I wasn’t, and he was happy. They were happy. And even though I yearned to still be there with them, holding them, loving them, and walking their paths together with them, I wasn’t. I was gone, and it was time for me to let my family have their future. They would be happy, and it gave me peace to know their lives would be full of joy.

I turned and took my mother’s hands, just as I had when she’d sung her Wishing Prayer to me to help me cross from maidenhood into marriage. Once again, she was going to help me cross another threshold in my life: my death, into the eternity beyond that awaited me. It was time for me to take my seat at the eternal banquet.

It was time for me to finish my Last Journey.

~ FIN ~

13 thoughts on “Godspeed – Complete

  1. I am crying but they are happy tears. This last piece was very emotional, ya did an amazing job, and i am happy she found peace. The part where the chakles broke was wooooooow I am stuned. Thank you a lot for writing!

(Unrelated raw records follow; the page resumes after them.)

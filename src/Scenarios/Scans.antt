-- ===== src/Scenarios/Scans.antt =====
-- The scanner's theorem at a concrete response.
use ori_skills_hub.ScanQueue.Evidence.{decimal}
use ori_skills_hub.Scanner.{
  verdict_of_counts, sum_counts, completed_verdict, non_negative_count, normalised_stats,
  analysis_state, raise_provider_status, Response, response, PollResult, poll_once, provider_id,
}
use ori_skills_hub.Value.{get, Value, Fields, pos, name, integer, str, obj, end, field}
use ori_skills_hub.Prelude.{any, text_eq, ◌≡◌, refl, some, codes, true, ok}
use ori_skills_hub.Scanner.Verdict.{ShowsClean, poll_once-clean}

abbrev counts : Fields
counts = field (name (codes "malicious")) (integer (pos 0)) (
    field (name (codes "suspicious")) (integer (pos 0)) (
      field (name (codes "harmless")) (integer (pos 60)) (
        field (name (codes "undetected")) (integer (pos 5)) (
          field (name (codes "failure")) (integer (pos 0)) (
            field (name (codes "timeout")) (integer (pos 0)) (
              field (name (codes "confirmed-timeout")) (integer (pos 0))
                (field (name (codes "type-unsupported")) (integer (pos 1)) end)))))))

abbrev body : Value
body = obj (
    field (name (codes "data"))
      (obj (
        field (name (codes "type")) (str (codes "analysis")) (
          field (name (codes "id")) (str (codes "a1")) (
            field (name (codes "attributes"))
              (obj (
                field (name (codes "status")) (str (codes "completed"))
                  (field (name (codes "stats")) (obj counts) end)))
              end))))
      end)

abbrev pub clean_response : Response
clean_response = record {
  status_code = 200;
  content_length = 300;
  json = some body;
  retry_after = 60000000;
}

abbrev clean_poll : PollResult
clean_poll = record {
  completed = true;
  result = some (record {
    status = codes "clean";
    detail =
        codes
          "VirusTotal completed with an affirmative harmless majority (harmless=60, inconclusive=6)";
  });
  stats = counts;
}

clean_poll_result : poll_once true (codes "a1") (response clean_response) ≡ ok clean_poll
unfolding poll_once provider_id any raise_provider_status analysis_state get text_eq
    normalised_stats non_negative_count completed_verdict sum_counts verdict_of_counts decimal
clean_poll_result = refl

poll_once-clean_example :
    (r : Response) × (response clean_response ≡ response r) × ShowsClean (codes "a1") r
unfolding text_eq
poll_once-clean_example =
    poll_once-clean true (codes "a1") (response clean_response) clean_poll clean_poll_result (
      record {
        status = codes "clean";
        detail =
            codes
              "VirusTotal completed with an affirmative harmless majority (harmless=60, inconclusive=6)";
      },
      refl,
      refl,
    )
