-- ===== src/Scenarios/Storage.antt =====
-- The theorems on stored objects and on the loading of keys, at one object and one secret.
use ori_skills_hub.Signing.{decode_standard_base64, Bytes, is_digest}
use ori_skills_hub.Objects.{digest_of_bytes, ContentAddressedStorage, store, read_object}
use ori_skills_hub.Prelude.{
  all, starts_with, ◌≡◌, refl, Text, true, Option, none, some, [], ◌∷◌, codes, text_eq, ok,
  if◌then◌else◌,
}
use ori_skills_hub.Publish.{HubSigningKeys}
use ori_skills_hub.Archive.Tree.{lookup}
use ori_skills_hub.Objects.Immutable.{store-keeps, read_object-store}
use ori_skills_hub.HubKeys.{KeyLibrary, KeyFiles, Environment, load_hub_signing_keys_from_env}
use ori_skills_hub.HubKeys.Sources.{Reads, IsLoaded, load_hub_signing_keys_from_env-IsLoaded}
use ori_skills_hub.Scenarios.{digest_of}
use ori_skills_hub.Scenarios.Archives.{repeated, crypto}

-- The digest repeats the first byte.
abbrev hex : Bytes → Text
hex [] = repeated 64 48
hex (b ∷ bytes) = repeated 64 b

abbrev nothing_stored : ContentAddressedStorage
nothing_stored = record { objects = [] }

abbrev one_stored : ContentAddressedStorage
one_stored = record { objects = (repeated 64 49, 49 ∷ []) ∷ [] }

abbrev two_stored : ContentAddressedStorage
two_stored = record { objects = (repeated 64 50, 50 ∷ []) ∷ (repeated 64 49, 49 ∷ []) ∷ [] }

stored_first : store hex (49 ∷ []) nothing_stored ≡ ok (digest_of 49, one_stored)
unfolding load_hub_signing_keys_from_env text_eq decode_standard_base64 store lookup
stored_first = refl

well_formed : is_digest (digest_of 49) ≡ true
unfolding read_object is_digest starts_with all lookup text_eq digest_of_bytes
well_formed = refl

lookup_nothing : (c : Bytes) → ◌≡◌ {A = Option Bytes} none (some c) → c ≡ 49 ∷ []
lookup_nothing c h = cc

read_object-store_example : read_object hex (digest_of 49) one_stored ≡ ok (49 ∷ [])
unfolding read_object is_digest starts_with all lookup text_eq digest_of_bytes
read_object-store_example =
    read_object-store hex (49 ∷ []) nothing_stored (digest_of 49, one_stored) stored_first
      well_formed lookup_nothing

stored_second : store hex (50 ∷ []) one_stored ≡ ok (digest_of 50, two_stored)
unfolding read_object is_digest starts_with all lookup text_eq digest_of_bytes store
stored_second = refl

read_first : read_object hex (digest_of 49) one_stored ≡ ok (49 ∷ [])
unfolding read_object is_digest starts_with all lookup text_eq digest_of_bytes
read_first = refl

store-keeps_example : read_object hex (digest_of 49) two_stored ≡ ok (49 ∷ [])
store-keeps_example =
    store-keeps hex (50 ∷ []) one_stored (digest_of 50, two_stored) (digest_of 49) (49 ∷ [])
      stored_second read_first

abbrev library : KeyLibrary
library seed = some ((λ bytes. repeated 64 65), repeated 32 66)

abbrev no_files : KeyFiles
no_files file_name = none

abbrev root_only : Environment
root_only env_name =
    if text_eq env_name (codes "HUB_ROOT_SIGNING_PRIVATE_KEY_B64")
    then some (repeated 32 67)
    else none

abbrev root_keys : HubSigningKeys
root_keys = record {
  manifest_private_key = λ bytes. repeated 64 65;
  artifact_private_key = λ bytes. repeated 64 65;
  manifest_public_key_b64 = repeated 32 66;
  artifact_public_key_b64 = repeated 32 66;
}

loaded : load_hub_signing_keys_from_env crypto library no_files root_only true ≡ ok (some root_keys)
unfolding load_hub_signing_keys_from_env text_eq decode_standard_base64
loaded = refl

load_hub_signing_keys_from_env-IsLoaded_example :
    (s : Option Text) × (m : Option Text) × (a : Option Text) × Reads root_only no_files
      (codes "HUB_ROOT_SIGNING_PRIVATE_KEY_B64")
      (codes "HUB_ROOT_SIGNING_PRIVATE_KEY_FILE")
      s
    × Reads root_only no_files
        (codes "HUB_MANIFEST_SIGNING_PRIVATE_KEY_B64")
        (codes "HUB_MANIFEST_SIGNING_PRIVATE_KEY_FILE")
        m
    × Reads root_only no_files
        (codes "HUB_ARTIFACT_SIGNING_PRIVATE_KEY_B64")
        (codes "HUB_ARTIFACT_SIGNING_PRIVATE_KEY_FILE")
        a
    × IsLoaded crypto library true s m a (some root_keys)
load_hub_signing_keys_from_env-IsLoaded_example =
    load_hub_signing_keys_from_env-IsLoaded crypto library no_files root_only true (some root_keys)
      loaded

  2. OOHB. MMMYY GOOOOODDD

    I’m full on sobbing how do you do this! Eoe what was your inspiration for this? Such a deep and tender topic with sprinkles of gay god I love your work Asy

    • Hum, my inspiration? My stories always tackle human emotions or human struggles – forgiveness, self-expression, grief, pain, unrequited love, etc. For me, writing is how I explore and make sense of emotion. One of the things I notice about my clients is how holding on to anger and bitterness always causes them to ruin their own lives, so I imagine that’s what I was channeling when I decided that this topic was what I wanted to explore :3

      I’m glad you enjoyed it, and I’m glad I was able to move you!

  3. THIS PUNCHED ME IN THE HEART

    (seriously, just…all the feels!!! so bittersweet!! it feels RIGHT though, like it could not and should not have ended literally any other way ; – ; thank you for wrecking me so thoroughly, that takes a HELL of an intuitive talent + well-honed skill!!)